I think it safe to say that some people have made up their mind. I feel that Ender has made a decision that death penalty must be defended and probably has done so in the past. So it is more of a defense on his part rather than a discussion with the possibility of changing.
 
A couple of thoughts. It has always seemed contradictory to me to be pro-life, to be against abortion, but to be in favor of the death penalty as some of my friends are.

We are all made in the image of God, however He has also given us free will. So, while we are all God’s children, our free will determines the choices we make. God allows us to make these bad choices.

Murder of another is a terrible sin, but secular law is no deterrent. No one sits down and actually thinks of the possibilty of a death penalty before going ahead and comitting murder. Most people, in fact, are killed by someone they know. And most are heat of the moment decisions – so deterrence never comes up.

I know that the Church has had a long history of being anti-death penalty - as I am. I also realize that Popel John Paul II wrote in Evangelium Vitae" that there are cases of absolute necessity which may warrant the death penalty. I find this puzzling, knowing that the Church has long been an opponent of the death penalty. Pope Benedict XVI recently attempted to intercede on behalf of a condemned man who was executed here in the U.S.

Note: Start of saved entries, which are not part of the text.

-- ===== src/Doram/GigaDoram/Bottom/Tests.antt =====
-- The cleanse of the bottom level at a concrete input.
use gigadoram_rs.Base.{
  ℕ, zero, suc, ◌<◌, ◌≡◌, refl, sym, ap, ◌∙◌, arith, List, [], ◌∷◌, some, some-inj, none-some,
  false, length, take, get_elem?,
}
use gigadoram_rs.Primitives.Value.{Record, ring_value, from_value}
use gigadoram_rs.Primitives.Permutation.{from_fisher_yates}
use gigadoram_rs.Primitives.ArrayShuffle.{ArrayShuffler}
use gigadoram_rs.Doram.Config.{GigaDoramConfig, empirical}
use gigadoram_rs.Doram.GigaDoram.Bottom.{finalize_bottom_level, next_power_of_two}
use gigadoram_rs.Circuits.ObliviousSort.Sorted.{IsPermutation}
use gigadoram_rs.Doram.GigaDoram.Bottom.Kept.{finalize_bottom_level-real_entries}
use gigadoram_rs.Doram.GigaDoram.Bottom.Length.{length-finalize_bottom_level}

abbrev four : GigaDoramConfig
four = record {
  log_address_space_size = 2;
  num_levels = 2;
  log_speed_cache_size = 1;
  log_amp_factor = 1;
  stash_size = 1;
  cht_bounds = empirical;
}

abbrev no_shuffle : ArrayShuffler
no_shuffle = record { next_shared_perm = λ id. from_fisher_yates [] }

abbrev entries : List (Record ℕ)
entries = from_value 0 ∷ from_value 30 ∷ from_value 7 ∷ from_value 0 ∷ []

abbrev cleansed : List (Record ℕ)
cleansed = from_value 30 ∷ from_value 7 ∷ from_value 0 ∷ from_value 0 ∷ []

abbrev relabeled : List ℕ
relabeled = 3 ∷ 0 ∷ 6 ∷ 7 ∷ []

cleanse_run :
    finalize_bottom_level four false no_shuffle (2 ∷ 0 ∷ 3 ∷ 1 ∷ []) (4 ∷ 3 ∷ 0 ∷ 4 ∷ []) entries
    ≡ some (relabeled, cleansed)
unfolding finalize_bottom_level
cleanse_run = refl

length-finalize_bottom_level_example : length relabeled ≡ 4
length-finalize_bottom_level_example =
    length-finalize_bottom_level four false no_shuffle (2 ∷ 0 ∷ 3 ∷ 1 ∷ []) (4 ∷ 3 ∷ 0 ∷ 4 ∷ [])
      relabeled entries cleansed (omega arith) cleanse_run

abbrev mixed : List ℕ
mixed = 2 ∷ 0 ∷ 3 ∷ 1 ∷ []

mixed-IsPermutation : IsPermutation 4 mixed
mixed-IsPermutation = record { small = small; once = once; cover = cover }
  where
    small : (k i : ℕ) → get_elem? mixed k ≡ some i → i < 4
    small zero i h = omega (arith, some-inj h)
    small (suc zero) i h = omega (arith, some-inj h)
    small (suc (suc zero)) i h = omega (arith, some-inj h)
    small (suc (suc (suc zero))) i h = omega (arith, some-inj h)
    small (suc (suc (suc (suc k)))) i h = absurd (none-some h)

    inverse : (k y : ℕ) → get_elem? mixed k ≡ some y → get_elem? (1 ∷ 3 ∷ 0 ∷ 2 ∷ []) y ≡ some k
    inverse zero y h = ap (get_elem? (1 ∷ 3 ∷ 0 ∷ 2 ∷ [])) (sym (some-inj h))
    inverse (suc zero) y h = ap (get_elem? (1 ∷ 3 ∷ 0 ∷ 2 ∷ [])) (sym (some-inj h))
    inverse (suc (suc zero)) y h = ap (get_elem? (1 ∷ 3 ∷ 0 ∷ 2 ∷ [])) (sym (some-inj h))
    inverse (suc (suc (suc zero))) y h = ap (get_elem? (1 ∷ 3 ∷ 0 ∷ 2 ∷ [])) (sym (some-inj h))
    inverse (suc (suc (suc (suc k)))) y h = absurd (none-some h)

    once : (k k' y : ℕ) → get_elem? mixed k ≡ some y → get_elem? mixed k' ≡ some y → k ≡ k'
    once k k' y h h' = some-inj (sym (inverse k y h) ∙ inverse k' y h')

    cover : (i : ℕ) → i < 4 → (k : ℕ) × (get_elem? mixed k ≡ some i)
    cover zero lt = (1, refl)
    cover (suc zero) lt = (3, refl)
    cover (suc (suc zero)) lt = (0, refl)
    cover (suc (suc (suc zero))) lt = (2, refl)
    cover (suc (suc (suc (suc i)))) lt = absurd (omega (arith, lt))

finalize_bottom_level-real_entries_example :
    (out_xs : List ℕ) × (out_ys : List (Record ℕ)) × (finalize_bottom_level four false no_shuffle
        mixed
        (4 ∷ 3 ∷ 0 ∷ 4 ∷ [])
        entries
      ≡ some (out_xs, out_ys))
    × (take 2 out_xs ≡ 3 ∷ 0 ∷ [])
    × (take 2 out_ys ≡ from_value 30 ∷ from_value 7 ∷ [])
unfolding next_power_of_two
finalize_bottom_level-real_entries_example =
    finalize_bottom_level-real_entries four no_shuffle mixed (4 ∷ 3 ∷ 0 ∷ 4 ∷ []) entries refl
      mixed-IsPermutation (omega arith) (omega arith) (omega arith)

Though we are led to believe that most Americans still support a death penalty, the question is not whether you support a death penalty but rather, **“would you support a death penalty if there was an enforceable life without parole (LWOP) penalty?” **When presented with options, most Americans do not favor a death penalty.

I had posted earlier about how the Supermax system is used for the worst of the offenders. Assuming that that the states and federal government would enforce a true LWOP, I would save a life rather than take it. I don’t believe that it’s God’s intention that there be state sponsored killing.

If one believes that all life is sacred, I don’t see how anyone can favor the death penalty. I see no difference between the unborn child and the murderer in terms of “life” – only their deeds or actions differ. The murderer’s life is of no less value – it’s his/her deeds that distinguish him - but it is still a life. Only God should determine the time of our death – not goverment.

I would repeat the question – would you support a death penalty if a true LWOP were in place that included incarceration in a Supermax facility?

(we already have and use the Supermax facilities; it’s the parole system that is the failure).
 
A couple of thoughts. It has always seemed contradictory to me to be pro-life, to be against abortion, but to be in favor of the death penalty as some of my friends are.

?
There is never a contradiction when one adheres to the teachings of the Church.

As far as answering your question I don’t support the death penalty in any circumstances regardless of whether or not life without parole is available. I acknowledged however, that Catholics in good conscience can disagree with my view and can support the death penalty and still be in total compliance with the teachings of the Catholic Church.